Aida Sadr-Kiani teaches first grade at New American Academy Charter School. She previously taught at a high-achieving, rigidly structured charter school in Brooklyn. Sadr-Kiani called the pedagogy used there and at similar schools “archaic.” “Shimon brought this progressive pedagogy to an underserved community, and that goes against the popular trends in urban education,” she said. “It’s not just fascinating, it’s right.”
An unlikely cadre of supporters has embraced the model. Joel Klein, the pro-charter former chancellor of New York City’s schools, and Randi Weingarten, president of American Federation of Teachers, have had plenty to fight about — often on national television. But they both have spoken out in favor of Waronker’s model. The school’s website also boasts endorsements from a former CIA director, R. James Woolsey, and a former president, Bill Clinton, as well as from a host of expert educators.
The model also caught the attention of Chaya Teldon, interim head of school at The Jewish Academy, on Long Island.
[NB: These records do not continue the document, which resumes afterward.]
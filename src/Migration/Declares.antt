-- ===== src/Migration/Declares.antt =====
-- The declarations of scripts/migrate_queue_type.py: they lose no message, and a queue that is created has the
-- new type.
use flow_first.Base.{
  ℕ, String, false, Option, none, some, ◌≡◌, refl, sym, ap, subst, ◌∙◌, ◌⊎◌, inl, inr, arith,
  Member, Bool-cases, eq_iff, ◌==◌,
}
use flow_first.Base.Dict.{get, put, get-put}
use flow_first.Migration.{
  Kind, Queue, Queues, Broker, Declared, declared, create, declare, counts, exists,
}
use flow_first.Migration.Hoare.{Runs, serve-Runs}
use flow_first.Migration.Requests.{
  messages_of, kind_of, messages_in, kind_in, Kept, reflexive-Kept, transitive-Kept,
}

-- the queue is missing, or it has the type
abbrev pub Fit : Kind → Option Queue → Type 0
Fit target o = (o ≡ none) ⊎ (kind_of o ≡ some target)

pub declared-Fit :
    (target : Kind) (o : Option Queue) (messages consumers : ℕ)
    → declared target o ≡ Declared.fits messages consumers
    → Fit target o
declared-Fit target none messages consumers h = inl refl
declared-Fit target (some q) messages consumers h = by_kinds q.kind target h
  where
    by_kinds :
        (j k : Kind)
        → declared k (some (record { kind = j; messages = q.messages; consumers = q.consumers }))
          ≡ Declared.fits messages consumers
        → Fit k (some (record { kind = j; messages = q.messages; consumers = q.consumers }))
    by_kinds Kind.quorum Kind.quorum h = inr refl
    by_kinds Kind.classic Kind.classic h = inr refl
    by_kinds Kind.quorum Kind.classic h = ground arith
    by_kinds Kind.classic Kind.quorum h = ground arith

module _ (target : Kind) (queue : String) where
  abbrev pub created : Queues → Queues
  created p = create target queue (get p queue) p

  get-put_same : (p : Queues) (q : Queue) → get (put p queue q) queue ≡ some q
  get-put_same p q = get-put p queue queue q ∙ rw ((eq_iff queue queue).1 refl) refl

  other-create :
      (p : Queues) (o : Option Queue) (j : String)
      → (queue == j) ≡ false
      → get (create target queue o p) j ≡ get p j
  other-create p none j h = get-put p queue j _ ∙ rw h refl
  other-create p (some q) j h = refl

  messages-create :
      (p : Queues) (o : Option Queue) (j : String)
      → get p queue ≡ o
      → messages_in (create target queue o p) j ≡ messages_in p j
  messages-create p none j e = elim (Bool-cases (queue == j)) [
    | inl same ↦
        subst (λ k. messages_in (create target queue none p) k ≡ messages_in p k)
          ((eq_iff queue j).0 same) (ap messages_of (get-put_same p _) ∙ sym (ap messages_of e))
    | inr other ↦ ap messages_of (other-create p none j other)
  ]
  messages-create p (some q) j e = refl

  pub created-messages : (p : Queues) (j : String) → messages_in (created p) j ≡ messages_in p j
  created-messages p j = messages-create p (get p queue) j refl

  kind-create :
      (p : Queues) (o : Option Queue)
      → get p queue ≡ o
      → Fit target o
      → kind_in (create target queue o p) queue ≡ some target
  kind-create p none e fit = ap kind_of (get-put_same p _)
  kind-create p (some q) e (inl absent) = ground arith
  kind-create p (some q) e (inr same) = ap kind_of e ∙ same

  pub created-kind :
      (p : Queues) → Fit target (get p queue) → kind_in (created p) queue ≡ some target
  created-kind p fit = kind-create p (get p queue) refl fit

  module _ (name temp : String)
      (covers : (j : String)
        → (name == j) ≡ false
        → (temp == j) ≡ false
        → (queue == j) ≡ false) where
    created-Kept : (p : Queues) → Kept name temp p (created p)
    created-Kept p = (
      λ m held. elim held [
        | inl h ↦ inl (subst (λ xs. Member m xs) (sym (created-messages p name)) h)
        | inr h ↦ inr (subst (λ xs. Member m xs) (sym (created-messages p temp)) h)
      ],
      λ k a b. other-create p (get p queue) k (covers k a b),
    )

    -- what a declaration answers, and what it leaves
    abbrev pub Declares : Queues → Declared → Queues → Type 0
    Declares p state q = (declared target (get p queue) ≡ state) × (created p ≡ q)

    pub declare-Runs :
        (b : Broker) → Runs (Kept name temp) (Declares b.queues) b (declare queue target b)
    unfolding declare
    declare-Runs b =
        serve-Runs (Kept name temp) (reflexive-Kept name temp) (transitive-Kept name temp)
          (Declares b.queues) _ b (created-Kept b.queues)
          (λ a q done. (ground (arith, done.0), done.1))

module _ (name temp queue : String) where
  abbrev pub Finds : Queues → Option (ℕ × ℕ) → Queues → Type 0
  Finds p found q = (counts (get p queue) ≡ found) × (p ≡ q)

  pub exists-Runs : (b : Broker) → Runs (Kept name temp) (Finds b.queues) b (exists queue b)
  unfolding exists
  exists-Runs b =
      serve-Runs (Kept name temp) (reflexive-Kept name temp) (transitive-Kept name temp)
        (Finds b.queues) _ b (reflexive-Kept name temp b.queues)
        (λ a q done. (ground (arith, done.0), done.1))
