-- ===== src/Migration/Kept.antt =====
-- The way back from the temporary queue in scripts/migrate_queue_type.py, however its requests are answered.
use flow_first.Base.{
  ℕ, suc, ◌<◌, String, false, Option, none, some, List, ◌++◌, ◌≡◌, refl, sym, ap, subst, ◌∙◌, arith,
  ◌==◌, length, length-append,
}
use flow_first.Base.Dict.{get}
use flow_first.Migration.{Kind, Queues, Broker, Ended, Script, give, ◌>>=◌, ◌>>◌, declare, exists}
use flow_first.Migration.Script.{drain, temp_of, copy_back}
use flow_first.Migration.Hoare.{Runs, weaken-Runs, give-Runs, bind-Runs}
use flow_first.Migration.Requests.{
  messages_of, messages_in, kind_in, Kept, reflexive-Kept, transitive-Kept, swap-Kept, distinct-sym,
  Both,
}
use flow_first.Migration.Moves.{append-nil}
use flow_first.Migration.Drains.{Drained, counts-none, drain-Moves}
use flow_first.Migration.Declares.{
  Fit, created, created-messages, created-kind, Declares, declare-Runs, Finds, exists-Runs,
}

module _ (name : String) (target : Kind) (rounds : ℕ) (apart : (name == temp_of name) ≡ false) where
  abbrev back : (temp_of name == name) ≡ false
  back = distinct-sym name (temp_of name) apart

  -- in the two queues of `name`
  abbrev pub Does : {A : Type 0} → (A → Queues → Type 0) → Broker → Ended A × Broker → Type 0
  Does Post b r = Runs (Kept name (temp_of name)) Post b r

  pub bind-Does :
      {A B : Type 0} (First : A → Queues → Type 0) (Post : B → Queues → Type 0) (m : Script A)
      (rest : A → Script B) (b : Broker)
      → Does First b (m b)
      → ((a : A) (c : Broker) → First a c.queues → Does Post c (rest a c))
      → Does Post b ((m >>= rest) b)
  bind-Does First Post m rest b first next =
      bind-Runs (Kept name (temp_of name)) (reflexive-Kept name (temp_of name))
        (transitive-Kept name (temp_of name)) First Post m rest b first (λ a c rel h. next a c h)

  pub give-Does :
      {A : Type 0} (Post : A → Queues → Type 0) (a : A) (b : Broker)
      → Post a b.queues
      → Does Post b (give a b)
  give-Does Post a b h =
      give-Runs (Kept name (temp_of name)) (reflexive-Kept name (temp_of name))
        (transitive-Kept name (temp_of name)) Post a b h

  -- the messages of the queue, then those of its temporary one
  abbrev pub together : Queues → List String
  together q = messages_in q name ++ messages_in q (temp_of name)

  abbrev pub Ready : List String → Queues → Type 0
  Ready whole q = (together q ≡ whole) × Fit target (get q name)

  abbrev Filled : List String → Queues → Type 0
  Filled whole q = (together q ≡ whole) × (kind_in q name ≡ some target)

  -- the queue has the type and the messages, and the temporary queue is gone
  abbrev pub Migrated : List String → Queues → Type 0
  Migrated whole q =
      (get q (temp_of name) ≡ none) × (messages_in q name ≡ whole) × (kind_in q name ≡ some target)

  back-Does :
      (whole : List String) (b : Broker)
      → Filled whole b.queues
      → length whole < suc rounds
      → Does (λ _ q. Migrated whole q) b (drain (suc rounds) (suc rounds) (temp_of name) name 0 b)
  back-Does whole b (all, kind) enough =
      weaken-Runs (Both (temp_of name) name back) (Kept name (temp_of name))
        (Drained (temp_of name) name back (together b.queues)) (λ _ q. Migrated whole q) b
        (drain (suc rounds) (suc rounds) (temp_of name) name 0 b)
        (λ q rel. swap-Kept (temp_of name) name b.queues q rel.0)
        (λ a q rel left. (left.0, left.1 ∙ all, rel.1 ∙ kind))
        (drain-Moves (temp_of name) name back rounds (suc rounds) 0
          (messages_in b.queues (temp_of name)) (messages_in b.queues name) b (refl, refl)
          (omega (
            arith,
            ap length all,
            length-append (messages_in b.queues name) (messages_in b.queues (temp_of name)),
          )))

  found-Does :
      (whole : List String) (found : Option (ℕ × ℕ)) (p : Queues) (b : Broker)
      → Filled whole p
      → length whole < suc rounds
      → Finds name (temp_of name) (temp_of name) p found b.queues
      → Does (λ _ q. Migrated whole q) b (copy_back (suc rounds) name found b)
  found-Does whole none p b (all, kind) enough (found, same) =
      give-Does {A = ℕ} (λ _ q. Migrated whole q) 0 b
        (subst (Migrated whole) same (
          counts-none (get p (temp_of name)) found,
          sym (append-nil (messages_in p name))
              ∙ ap (λ xs. messages_in p name ++ xs)
                  (sym (ap messages_of (counts-none (get p (temp_of name)) found)))
              ∙ all,
          kind,
        ))
  found-Does whole (some n) p b filled enough (found, same) =
      back-Does whole b (subst (Filled whole) same filled) enough

  -- the statements that follow the copy
  pub finish-Does :
      (whole : List String) (moved : ℕ) (b : Broker)
      → Ready whole b.queues
      → length whole < suc rounds
      → Does
          (λ _ q. Migrated whole q)
          b
          ((declare name target
              >> (exists (temp_of name) >>= copy_back (suc rounds) name)
              >> give moved)
            b)
  finish-Does whole moved b (all, fit) enough =
      bind-Does (λ _ q. Migrated whole q) (λ _ q. Migrated whole q)
        (declare name target >> (exists (temp_of name) >>= copy_back (suc rounds) name))
        (λ _. give moved) b
        (bind-Does (Declares target name name (temp_of name) (λ j h h'. h) b.queues)
          (λ _ q. Migrated whole q) (declare name target)
          (λ _. exists (temp_of name) >>= copy_back (suc rounds) name) b
          (declare-Runs target name name (temp_of name) (λ j h h'. h) b)
          (λ state c declared.
            bind-Does (Finds name (temp_of name) (temp_of name) c.queues) (λ _ q. Migrated whole q)
              (exists (temp_of name)) (copy_back (suc rounds) name) c
              (exists-Runs name (temp_of name) (temp_of name) c)
              (λ found d seen.
                found-Does whole found c.queues d
                  (subst (Filled whole) declared.1 (
                    ap (λ xs. xs ++ messages_in (created target name b.queues) (temp_of name))
                          (created-messages target name b.queues name)
                        ∙ ap (λ xs. messages_in b.queues name ++ xs)
                            (created-messages target name b.queues (temp_of name))
                        ∙ all,
                    created-kind target name b.queues fit,
                  ))
                  enough seen)))
        (λ n e migrated. give-Does (λ _ q. Migrated whole q) moved e migrated)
When the dean of the school stepped down, she approached Waronker almost immediately. “I had already asked him years before if there was a clone of him,” she said, laughing. “So I thought of him right away.”
Waronker began working with the school on a part-time basis last September. He and Teldon will begin slowly implementing the model at the 55-student school over the course of the next several months.
“This is exciting, because we are able to see it’s not just a district school, it’s not just a charter school. It can even happen in private schools — it can work for everything,” he said.
Teldon believes that the classic model of Jewish day schools is outdated, and that Waronker’s model will work with their existing structure to “really impact Jewish day schools nationwide.”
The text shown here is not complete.